- **EXERCISE DIRECTIONS**
Which lines below fall between the one containing "(drive : Drive) (s" and the one containing "let same : s' ≡ s = cc in"? Repeat them exactly, counting both of those lines, and add nothing else.

- **Dataset entries**
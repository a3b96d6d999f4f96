-- ===== src/TitleKeys/Kept.antt =====
-- What `GetBusKey` and `CrackTitleKey` of src/css.c leave alone: the list of titles, whether the disc
-- is scrambled and whether there are ioctls.
use libdvdcss.Common.{
  ℕ, zero, suc, Bool, true, false, not, ◌&&◌, Option, none, some, List, ◌∷◌, ◌≡◌, refl, sym, ◌∙◌,
  ap, inl, inr, Bool-cases, ◌==◌,
}
use libdvdcss.Keys.{DvdKey}
use libdvdcss.Dvdcss.{Dvdcss, Drive, issue, pf_seek, pf_read, seek, read}
use libdvdcss.BusKey.{get_bus_key}
use libdvdcss.BusKey.Laws.{Outcome, get_bus_key_lem}
use libdvdcss.CrackTitle.{
  Crack, attack_block, count_block, on_block, on_error, on_read, crack_pass, goes_on, crack_loop,
  is_pack, can_be_scrambled,
}
use libdvdcss.TitleKeys.{keep_disc_key}

-- The list of titles and the two flags are the same.
pub record KeepsTitles (d d' : Dvdcss) : Type 0 where
  pub titles : d'.p_titles ≡ d.p_titles
  pub scrambling : d'.b_scrambled ≡ d.b_scrambled
  pub ioctls : d'.b_ioctls ≡ d.b_ioctls

pub KeepsTitles-trans : (d e f : Dvdcss) → KeepsTitles d e → KeepsTitles e f → KeepsTitles d f
KeepsTitles-trans d e f p q = record {
  titles = q.titles ∙ p.titles;
  scrambling = q.scrambling ∙ p.scrambling;
  ioctls = q.ioctls ∙ p.ioctls;
}

pub equal_state : (d d' e : Dvdcss) → d' ≡ e → KeepsTitles d e → KeepsTitles d d'
equal_state d d' e p k = record {
  titles = ap (λ (x : Dvdcss). x.p_titles) p ∙ k.titles;
  scrambling = ap (λ (x : Dvdcss). x.b_scrambled) p ∙ k.scrambling;
  ioctls = ap (λ (x : Dvdcss). x.b_ioctls) p ∙ k.ioctls;
}

pub Outcome-KeepsTitles :
    (drive : Drive) (d : Dvdcss) (r : Bool × Dvdcss) → Outcome drive d r → KeepsTitles d r.1
Outcome-KeepsTitles drive d (true, d') o =
    equal_state d d' _ o.bus_key_of (record { titles = refl; scrambling = refl; ioctls = refl })
Outcome-KeepsTitles drive d (false, d') o =
    equal_state d d' _ o.released (record { titles = refl; scrambling = refl; ioctls = refl })

pub get_bus_key-KeepsTitles : (drive : Drive) (d : Dvdcss) → KeepsTitles d (get_bus_key drive d).1
get_bus_key-KeepsTitles drive d = elim (get_bus_key_lem drive d) [
  | inl (g, asked, only, outcome) ↦
      KeepsTitles-trans d g (get_bus_key drive d).1
        (equal_state d g _ only (record { titles = refl; scrambling = refl; ioctls = refl }))
        (Outcome-KeepsTitles drive g (get_bus_key drive d) outcome)
  | inr (failed, refused, log, only) ↦
      equal_state d (get_bus_key drive d).1 _ only
        (record { titles = refl; scrambling = refl; ioctls = refl })
]

pub keep_disc_key-KeepsTitles : (r : Bool × DvdKey) (d : Dvdcss) → KeepsTitles d (keep_disc_key r d)
unfolding keep_disc_key
keep_disc_key-KeepsTitles (true, key) d = record { titles = refl; scrambling = refl; ioctls = refl }
keep_disc_key-KeepsTitles (false, key) d = record {
  titles = refl;
  scrambling = refl;
  ioctls = refl;
}

pub on_block-KeepsTitles : (buf : List ℕ) (s : Crack) → KeepsTitles s.state (on_block buf s).1.state
unfolding on_block count_block attack_block
on_block-KeepsTitles buf s = elim (Bool-cases (is_pack buf)) [
  | inr e ↦ rw (e) (record { titles = refl; scrambling = refl; ioctls = refl })
  | inl e ↦ elim (Bool-cases (can_be_scrambled buf)) [
    | inl f ↦ rw (e, f) (record { titles = refl; scrambling = refl; ioctls = refl })
    | inr f ↦ rw (e, f) (record { titles = refl; scrambling = refl; ioctls = refl })
  ]
]

pub on_read-KeepsTitles :
    (answer : Option (ℕ × List ℕ)) (s : Crack) → KeepsTitles s.state (on_read answer s).1.state
unfolding on_read on_error issue
on_read-KeepsTitles none s = elim (Bool-cases s.read_error) [
  | inl e ↦ rw (e) (record { titles = refl; scrambling = refl; ioctls = refl })
  | inr e ↦ rw (e) (record { titles = refl; scrambling = refl; ioctls = refl })
]
on_read-KeepsTitles (some (n, buf)) s = elim (Bool-cases (n == 0)) [
  | inl e ↦ rw (e) (record { titles = refl; scrambling = refl; ioctls = refl })
  | inr e ↦ rw (e) (on_block-KeepsTitles buf s)
]

pub crack_pass-KeepsTitles :
    (drive : Drive) (s : Crack) → KeepsTitles s.state (crack_pass drive s).1.state
unfolding crack_pass pf_seek pf_read issue
crack_pass-KeepsTitles drive s =
    let asked = record s.state { log = read 1 ∷ seek s.pos ∷ s.state.log } in
    let next = on_read-KeepsTitles (drive.blocks asked.log) (record s { state = asked }) in
    record { titles = next.titles; scrambling = next.scrambling; ioctls = next.ioctls }

pub equal_crack : (s s' : Crack) → some s ≡ some s' → KeepsTitles s.state s'.state
equal_crack s s' e =
    let same : s' ≡ s = cc in
    equal_state s.state s'.state s.state (ap (λ (x : Crack). x.state) same)
      (record { titles = refl; scrambling = refl; ioctls = refl })

pub crack_loop-KeepsTitles :
    (drive : Drive) (fuel : ℕ) (s s' : Crack)
    → crack_loop drive fuel s ≡ some s'
    → KeepsTitles s.state s'.state
unfolding crack_loop crack_pass on_read pf_read
crack_loop-KeepsTitles drive zero s s' e = absurd (cc)
crack_loop-KeepsTitles drive (suc fuel) s s' e =
    let next = (crack_pass drive s).1 in
    let first = crack_pass-KeepsTitles drive s in
    elim (Bool-cases (not (crack_pass drive s).0 && goes_on next)) [
      | inl on ↦
          let step : crack_loop drive (suc fuel) s ≡ crack_loop drive fuel next = rw (on) refl in
          KeepsTitles-trans s.state next.state s'.state first
            (crack_loop-KeepsTitles drive fuel next s' (sym step ∙ e))
      | inr off ↦
          let step : crack_loop drive (suc fuel) s ≡ some next = rw (off) refl in
          KeepsTitles-trans s.state next.state s'.state first (equal_crack next s' (sym step ∙ e))
    ]
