-- ===== src/TitleKeys/Frame.antt =====
-- What the key functions of src/css.c leave alone: the list of titles, whether the disc is scrambled
-- and whether there are ioctls. With a drive that reads whole blocks, `dvdcss_titlekey` returns.
use libdvdcss.Common.{
  ℕ, ◌+◌, ◌<◌, Bool, true, false, not, ◌&&◌, Option, none, some, List, ◌∷◌, ◌≡◌, refl, sym, ◌∙◌, ap,
  inl, inr, Bool-cases, Option-cases, arith, ◌==◌, ltb, ◌‖◌,
}
use libdvdcss.Keys.{DvdKey, key_at, zero_key, xor_key}
use libdvdcss.DiscKey.{decrypt_disc_key}
use libdvdcss.Dvdcss.{
  Dvdcss, Drive, Method, method_key, method_disc, method_title, read_disc_key, report_asf,
  read_title_key, ioctl_read_disc_key, ioctl_read_title_key, ioctl_invalidate_agid, get_asf, issue,
  pf_seek, pf_read, is_some, seek, read,
}
use libdvdcss.BusKey.{get_bus_key, give_up, swap_key}
use libdvdcss.CrackTitle.{
  Crack, Cracked, crack_loop, conclude, conclude_some, begin_crack, crack_title_key,
}
use libdvdcss.CrackTitle.Total.{ReadsBlocks, crack_title_key_lem}
use libdvdcss.TitleKeys.{
  dvdcss_disckey, on_disc_key, open_disc_key, unshuffle, is_one, check_asf, decrypt_read_key,
  crack_instead, reset_drive, on_title_key, classic_title_key, dvdcss_titlekey, uses_disc_key,
}
use libdvdcss.TitleKeys.Kept.{
  KeepsTitles, KeepsTitles-trans, equal_state, get_bus_key-KeepsTitles, keep_disc_key-KeepsTitles,
  crack_loop-KeepsTitles,
}

module _ (drive : Drive) (crack_disc_key : DvdKey → Bool × DvdKey) where
  open_disc_key-KeepsTitles :
      (method : Method) (block : List ℕ) (d : Dvdcss)
      → KeepsTitles d (open_disc_key drive crack_disc_key method block d)
  unfolding open_disc_key
  open_disc_key-KeepsTitles method_key block d =
      keep_disc_key-KeepsTitles (decrypt_disc_key block) d
  open_disc_key-KeepsTitles method_disc block d =
      keep_disc_key-KeepsTitles (crack_disc_key (key_at block 0)) d
  open_disc_key-KeepsTitles method_title block d = record {
    titles = refl;
    scrambling = refl;
    ioctls = refl;
  }

  on_disc_key-KeepsTitles :
      (answer : Option (List ℕ)) (d : Dvdcss)
      → KeepsTitles d (on_disc_key drive crack_disc_key answer d).1
  unfolding on_disc_key get_asf issue give_up ioctl_invalidate_agid
  on_disc_key-KeepsTitles none d = record { titles = refl; scrambling = refl; ioctls = refl }
  on_disc_key-KeepsTitles (some buffer) d =
      let asked = record d { log = report_asf ∷ d.log } in
      let block = unshuffle d.p_bus_key 0 buffer in
      elim (Bool-cases (is_one drive crack_disc_key (drive.asf asked.log))) [
        | inl e ↦ rw (e) (
            KeepsTitles-trans d asked (open_disc_key drive crack_disc_key d.method block asked)
              (record { titles = refl; scrambling = refl; ioctls = refl })
              (open_disc_key-KeepsTitles d.method block asked))
        | inr e ↦ rw (e) (record { titles = refl; scrambling = refl; ioctls = refl })
      ]

  pub dvdcss_disckey-KeepsTitles :
      (d : Dvdcss) → KeepsTitles d (dvdcss_disckey drive crack_disc_key d).1
  unfolding dvdcss_disckey ioctl_read_disc_key issue
  dvdcss_disckey-KeepsTitles d =
      let e = (get_bus_key drive d).1 in
      let asked = record e { log = read_disc_key e.i_agid ∷ e.log } in
      let bus = get_bus_key-KeepsTitles drive d in
      elim (Bool-cases (get_bus_key drive d).0) [
        | inl ok ↦ rw (ok) (
            KeepsTitles-trans d e _ bus (
              KeepsTitles-trans e asked _
                (record { titles = refl; scrambling = refl; ioctls = refl })
                (on_disc_key-KeepsTitles (drive.disc_key asked.log) asked)))
        | inr failed ↦ rw (failed) bus
      ]

module _ (drive : Drive) (crack_disc_key : DvdKey → Bool × DvdKey) where
  -- A result, with the titles as they were.
  abbrev pub Keeps : Dvdcss → Option Cracked → Type 0
  Keeps d o = (c : Cracked) × (o ≡ some c) × KeepsTitles d c.state

  Keeps-trans : (d e : Dvdcss) (o : Option Cracked) → KeepsTitles d e → Keeps e o → Keeps d o
  Keeps-trans d e o k (c, is, k') = (c, is, KeepsTitles-trans d e c.state k k')

  conclude-state : (s : Crack) → (conclude s).state ≡ s.state
  unfolding conclude
  conclude-state s = elim (Bool-cases (ltb 0 s.attack.success)) [
    | inl e ↦ rw (e) refl
    | inr e ↦ elim (Bool-cases (s.encrypted == 0 && ltb 0 s.reads)) [
      | inl f ↦ rw (e, f) refl
      | inr f ↦ rw (e, f) refl
    ]
  ]

  crack_title_key-Keeps :
      (pos len : ℕ) (key : DvdKey) (d : Dvdcss)
      → ReadsBlocks drive
      → 0 < len
      → Keeps d (crack_title_key drive pos len key d)
  unfolding crack_title_key begin_crack conclude_some
  crack_title_key-Keeps pos len key d reads more =
      let first = begin_crack pos len key d in
      let (s, _, is, _, _, _) = crack_title_key_lem pos len drive reads key d more in
      elim (Option-cases (crack_loop drive (len + 2) first)) [
        | inl e ↦ absurd (cc (sym is ∙ ap conclude_some e))
        | inr (s', e) ↦
            let k = crack_loop-KeepsTitles drive (len + 2) first s' e in
            (
              conclude s',
              ap conclude_some e,
              equal_state d (conclude s').state s'.state (conclude-state s')
                  (record { titles = k.titles; scrambling = k.scrambling; ioctls = k.ioctls }),
            )
      ]

  reset_drive-KeepsTitles : (d : Dvdcss) → KeepsTitles d (reset_drive drive crack_disc_key d)
  unfolding reset_drive pf_seek pf_read issue
  reset_drive-KeepsTitles d =
      let back = record d { log = seek 0 ∷ read 1 ∷ seek 0 ∷ d.log } in
      let k = dvdcss_disckey-KeepsTitles drive crack_disc_key back in
      record { titles = k.titles; scrambling = k.scrambling; ioctls = k.ioctls }

  decrypt_read_key-Keeps :
      (key : DvdKey) (d : Dvdcss) → Keeps d (some (decrypt_read_key drive crack_disc_key key d))
  unfolding decrypt_read_key
  decrypt_read_key-Keeps key d =
      elim (Bool-cases ((key.k0 ‖ key.k1 ‖ key.k2 ‖ key.k3 ‖ key.k4) == 0)) [
        | inl e ↦ rw (e) (_, refl, record { titles = refl; scrambling = refl; ioctls = refl })
        | inr e ↦ rw (e) (_, refl, record { titles = refl; scrambling = refl; ioctls = refl })
      ]

  check_asf-KeepsTitles :
      (asf : Option ℕ) (ok : Bool) (d : Dvdcss)
      → KeepsTitles d (check_asf drive crack_disc_key asf ok d).1
  unfolding check_asf give_up ioctl_invalidate_agid issue
  check_asf-KeepsTitles none ok d = record { titles = refl; scrambling = refl; ioctls = refl }
  check_asf-KeepsTitles (some asf) ok d = elim (Bool-cases (asf == 1 && not ok)) [
    | inl e ↦ rw (e) (record { titles = refl; scrambling = refl; ioctls = refl })
    | inr e ↦ rw (e) (record { titles = refl; scrambling = refl; ioctls = refl })
  ]

  module _ (reads : ReadsBlocks drive) where
    crack_instead-Keeps :
        (pos : ℕ) (d : Dvdcss) → Keeps d (crack_instead drive crack_disc_key pos d)
    unfolding crack_instead
    crack_instead-Keeps pos d = crack_title_key-Keeps pos 4718592 zero_key d reads (omega arith)

    after_reset :
        (pos : ℕ) (d : Dvdcss)
        → Keeps d (crack_instead drive crack_disc_key pos (reset_drive drive crack_disc_key d))
    after_reset pos d =
        let back = reset_drive drive crack_disc_key d in
        Keeps-trans d back (crack_instead drive crack_disc_key pos back) (reset_drive-KeepsTitles d)
          (crack_instead-Keeps pos back)

    on_title_key-Keeps :
        (pos : ℕ) (answer : Option DvdKey) (ok : Bool) (d : Dvdcss)
        → Keeps d (on_title_key drive crack_disc_key pos answer ok d)
    unfolding on_title_key
    on_title_key-Keeps pos (some key) true d =
        decrypt_read_key-Keeps (xor_key key (swap_key d.p_bus_key)) d
    on_title_key-Keeps pos (some key) false d = after_reset pos d
    on_title_key-Keeps pos none ok d = after_reset pos d

    classic_title_key-Keeps :
        (pos : ℕ) (d : Dvdcss) → Keeps d (classic_title_key drive crack_disc_key pos d)
    unfolding classic_title_key ioctl_read_title_key get_asf issue
    classic_title_key-Keeps pos d =
        let e = (get_bus_key drive d).1 in
        let granted = (get_bus_key drive d).0 in
        let asked = record e { log = report_asf ∷ read_title_key e.i_agid pos ∷ e.log } in
        let answer = drive.title_key (read_title_key e.i_agid pos ∷ e.log) in
        let checked =
          check_asf drive crack_disc_key (drive.asf asked.log) (granted && is_some answer) asked in
        let k = check_asf-KeepsTitles (drive.asf asked.log) (granted && is_some answer) asked in
        let seen =
          KeepsTitles-trans d e checked.1 (get_bus_key-KeepsTitles drive d)
            (record { titles = k.titles; scrambling = k.scrambling; ioctls = k.ioctls }) in
        Keeps-trans d checked.1 (on_title_key drive crack_disc_key pos answer checked.0 checked.1)
          seen (on_title_key-Keeps pos answer checked.0 checked.1)

    -- dvdcss_titlekey returns with a drive that reads whole blocks of bytes, whatever else it
    -- answers, and leaves the list of titles and the flags b_scrambled and b_ioctls as they were.
    pub dvdcss_titlekey-Keeps :
        (pos : ℕ) (d : Dvdcss) → Keeps d (dvdcss_titlekey drive crack_disc_key pos d)
    unfolding dvdcss_titlekey
    dvdcss_titlekey-Keeps pos d =
        elim (Bool-cases (d.b_ioctls && uses_disc_key drive crack_disc_key d.method)) [
          | inl e ↦ rw (e) (classic_title_key-Keeps pos d)
          | inr e ↦ rw (e) (crack_instead-Keeps pos d)
        ]
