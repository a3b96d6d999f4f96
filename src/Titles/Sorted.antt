-- ===== src/Titles/Sorted.antt =====
-- The list of titles of `dvdcss_title` in src/css.c is a map from blocks to keys.
use libdvdcss.Common.{
  ℕ, ◌<◌, ◌≤◌, Bool, Option, none, some, List, [], ◌∷◌, ◌≡◌, refl, sym, ◌∙◌, ap, inl, inr,
  Bool-cases, arith, if◌then◌else◌, ◌==◌, leb, ltb, ne→==, eq→==, ◌≢◌,
}
use libdvdcss.Keys.{DvdKey}
use libdvdcss.Dvdcss.{DvdTitle}
use libdvdcss.Titles.{walk, if_at, known_key, insert_title}

-- The titles start after `block`, each after the one before.
abbrev pub Above : ℕ → List DvdTitle → Type 0
Above block [] = Unit
Above block (t ∷ ts) = (block < t.startlb) × Above t.startlb ts

abbrev pub IsSorted : List DvdTitle → Type 0
IsSorted [] = Unit
IsSorted (t ∷ ts) = Above t.startlb ts

-- The first title that starts at `block`, whatever the order.
unfoldable pub find_key : List DvdTitle → ℕ → Option DvdKey
find_key [] block = none
find_key (t ∷ ts) block =
    let rest = find_key ts block in if t.startlb == block then some t.key else rest

find_key-here :
    (t : DvdTitle) (ts : List DvdTitle) (b : ℕ) → t.startlb ≡ b → find_key (t ∷ ts) b ≡ some t.key
unfolding find_key
find_key-here t ts b e = rw (eq→== t.startlb b e) refl

find_key-later :
    (t : DvdTitle) (ts : List DvdTitle) (b : ℕ)
    → t.startlb ≢ b
    → find_key (t ∷ ts) b ≡ find_key ts b
unfolding find_key
find_key-later t ts b e = rw (ne→== t.startlb b e) refl

find_key-Above : (ts : List DvdTitle) (a b : ℕ) → b ≤ a → Above a ts → find_key ts b ≡ none
unfolding find_key
find_key-Above [] a b le h = refl
find_key-Above (t ∷ ts) a b le h =
    find_key-later t ts b (λ e. omega (arith, h.0))
    ∙ find_key-Above ts t.startlb b (omega (arith, h.0)) h.1

known_key-find_key : (ts : List DvdTitle) (b : ℕ) → IsSorted ts → known_key ts b ≡ find_key ts b
unfolding known_key walk if_at find_key
known_key-find_key [] b h = refl
known_key-find_key (t ∷ []) b h = refl
known_key-find_key (t ∷ u ∷ ts) b h = elim (Bool-cases (leb u.startlb b)) [
  | inl before ↦
      let onward : t.startlb ≢ b = λ e. ground arith in
      rw (before) (known_key-find_key (u ∷ ts) b h.1 ∙ sym (find_key-later t (u ∷ ts) b onward))
  | inr past ↦
      let none_later = find_key-Above (u ∷ ts) b b (omega arith) (ground arith, h.1) in
      rw (past) (ap (λ o. if t.startlb == b then some t.key else o) (sym none_later))
]

insert_title-Above :
    (t : DvdTitle) (ts : List DvdTitle) (a : ℕ)
    → a < t.startlb
    → Above a ts
    → find_key ts t.startlb ≡ none
    → Above a (insert_title t ts)
unfolding insert_title
insert_title-Above t [] a lo h absent = (lo, tt)
insert_title-Above t (u ∷ us) a lo h absent = elim (Bool-cases (ltb u.startlb t.startlb)) [
  | inl before ↦
      let other : u.startlb ≢ t.startlb = λ e. ground arith in
      rw (before) (
        h.0,
        insert_title-Above t us u.startlb (ground arith) h.1
            (sym (find_key-later u us t.startlb other) ∙ absent),
      )
  | inr past ↦
      let other : u.startlb ≢ t.startlb = λ e. cc (sym (find_key-here u us t.startlb e) ∙ absent) in
      rw (past) (lo, (ground arith, h.1))
]

insert_title-IsSorted :
    (t : DvdTitle) (ts : List DvdTitle)
    → IsSorted ts
    → find_key ts t.startlb ≡ none
    → IsSorted (insert_title t ts)
unfolding insert_title
insert_title-IsSorted t [] h absent = tt
insert_title-IsSorted t (u ∷ us) h absent = elim (Bool-cases (ltb u.startlb t.startlb)) [
  | inl before ↦
      let other : u.startlb ≢ t.startlb = λ e. ground arith in
      rw (before) (
        insert_title-Above t us u.startlb (ground arith) h
          (sym (find_key-later u us t.startlb other) ∙ absent))
  | inr past ↦
      let other : u.startlb ≢ t.startlb = λ e. cc (sym (find_key-here u us t.startlb e) ∙ absent) in
      rw (past) (ground arith, h)
]

find_key-insert_title :
    (t : DvdTitle) (ts : List DvdTitle) (b : ℕ)
    → find_key (insert_title t ts) b ≡ (if t.startlb == b then some t.key else find_key ts b)
unfolding insert_title find_key
find_key-insert_title t [] b = refl
find_key-insert_title t (u ∷ us) b = elim (Bool-cases (ltb u.startlb t.startlb)) [
  | inr past ↦ rw (past) refl
  | inl before ↦
      let ih = find_key-insert_title t us b in
      elim (Bool-cases (t.startlb == b)) [
        | inl here ↦
            let other : u.startlb ≢ b = λ e. ground arith in
            rw (before, here)
              (find_key-later u (insert_title t us) b other
                ∙ ih
                ∙ ap (λ (x : Bool). if x then some t.key else find_key us b) here)
        | inr away ↦
            let ih' = ih ∙ ap (λ (x : Bool). if x then some t.key else find_key us b) away in
            rw (before, away)
              (ap (λ (o : Option DvdKey). if u.startlb == b then some u.key else o) ih')
      ]
]

-- Where no title of a sorted list starts at the block of a new one, the list with it is sorted, and
-- the search of dvdcss_title finds in it the new key at its block and at every other block what it
-- found before.
pub insert_title_lem :
    (t : DvdTitle) (ts : List DvdTitle)
    → IsSorted ts
    → known_key ts t.startlb ≡ none
    → IsSorted (insert_title t ts)
      × ((b : ℕ)
          → known_key (insert_title t ts) b
            ≡ (if t.startlb == b then some t.key else known_key ts b))
insert_title_lem t ts h absent =
    let sorted = insert_title-IsSorted t ts h (sym (known_key-find_key ts t.startlb h) ∙ absent) in
    (
      sorted,
      λ b.
          known_key-find_key (insert_title t ts) b sorted
          ∙ find_key-insert_title t ts b
          ∙ ap (λ (o : Option DvdKey). if t.startlb == b then some t.key else o)
              (sym (known_key-find_key ts b h)),
    )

- **FINAL ANSWER**
    (drive : Drive) (s : Crack) → KeepsTitles s.state (crack_pass drive s).1.state
unfolding crack_pass pf_seek pf_read issue
crack_pass-KeepsTitles drive s =
    let asked = record s.state { log = read 1 ∷ seek s.pos ∷ s.state.log } in
    let next = on_read-KeepsTitles (drive.blocks asked.log) (record s { state = asked }) in
    record { titles = next.titles; scrambling = next.scrambling; ioctls = next.ioctls }

pub equal_crack : (s s' : Crack) → some s ≡ some s' → KeepsTitles s.state s'.state
equal_crack s s' e =
    let same : s' ≡ s = cc in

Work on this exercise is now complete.